- _YOUR TASK_:
Find the line that contains "-- A request, the". Output it and every line after it to the end of the records, exactly as they appear.

========================================

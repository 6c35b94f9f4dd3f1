-- ===== src/Tests/ClearCases.antt =====
-- A clearing at concrete inputs.
use zephyr_uds.Base.{◌≡◌, refl, true, false, some, List, [], ◌∷◌, Buffer, holding}
use zephyr_uds.Types.{Out, nrc, work_submit, timer_start, nrc78_timer, clear_dtc_work}
use zephyr_uds.Types.Nrc
use zephyr_uds.ClearDtc.{ClearDtc, handle, power_on, nrc78_timer_expiry}
use zephyr_uds.ClearDtc.Steps.{
  Clearing, idle, stops, worker_line, Trace, start, later, line, tick, request,
}
use zephyr_uds.ClearDtc.Interleaving.{owed_after, InOrder, clearing_orderly}
use zephyr_uds.Tests.Bench.{World, blank, bench_os, bench_app}

abbrev quiet : Clearing World
quiet = record { world = blank; pc = idle; statics = power_on; armed = false }

abbrev clear_message : Buffer
clear_message = holding (0x14 ∷ 0xFF ∷ 0xFF ∷ 0xFF ∷ [])

abbrev statics_then : ClearDtc
statics_then = (handle bench_os blank power_on clear_message 4).0

-- A request, the timer before the worker's first line, and its first two lines.
abbrev calls_then : List Out
calls_then =
    timer_start nrc78_timer 20 0
    ∷ work_submit clear_dtc_work
    ∷ nrc 0x14 Nrc.response_pending
    ∷ timer_start nrc78_timer 20 0
    ∷ []

abbrev state_then : Clearing World
state_then = record {
  world = blank;
  pc = stops;
  statics = record statics_then { worker_done = true };
  armed = true;
}

interleaved : Trace bench_os bench_app quiet calls_then state_then
unfolding handle worker_line nrc78_timer_expiry
interleaved =
    later
      (later (later (later start (request clear_message 4 refl refl)) (tick refl refl))
        (line refl refl))
      (line refl refl)

clearing_orderly_example :
    (owed_after (some false) calls_then ≡ some true) × (InOrder bench_os bench_app state_then)
clearing_orderly_example =
    clearing_orderly bench_os bench_app quiet state_then calls_then refl refl interleaved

========================================

- _FINISHED EXERCISE_:
-- A request, the timer before the worker's first line, and its first two lines.
abbrev calls_then : List Out
calls_then =
    timer_start nrc78_timer 20 0
    ∷ work_submit clear_dtc_work
    ∷ nrc 0x14 Nrc.response_pending
    ∷ timer_start nrc78_timer 20 0
    ∷ []

abbrev state_then : Clearing World
state_then = record {
  world = blank;
  pc = stops;
  statics = record statics_then { worker_done = true };
  armed = true;
}

interleaved : Trace bench_os bench_app quiet calls_then state_then
unfolding handle worker_line nrc78_timer_expiry
interleaved =
    later
      (later (later (later start (request clear_message 4 refl refl)) (tick refl refl))
        (line refl refl))
      (line refl refl)

clearing_orderly_example :
    (owed_after (some false) calls_then ≡ some true) × (InOrder bench_os bench_app state_then)
clearing_orderly_example =
    clearing_orderly bench_os bench_app quiet state_then calls_then refl refl interleaved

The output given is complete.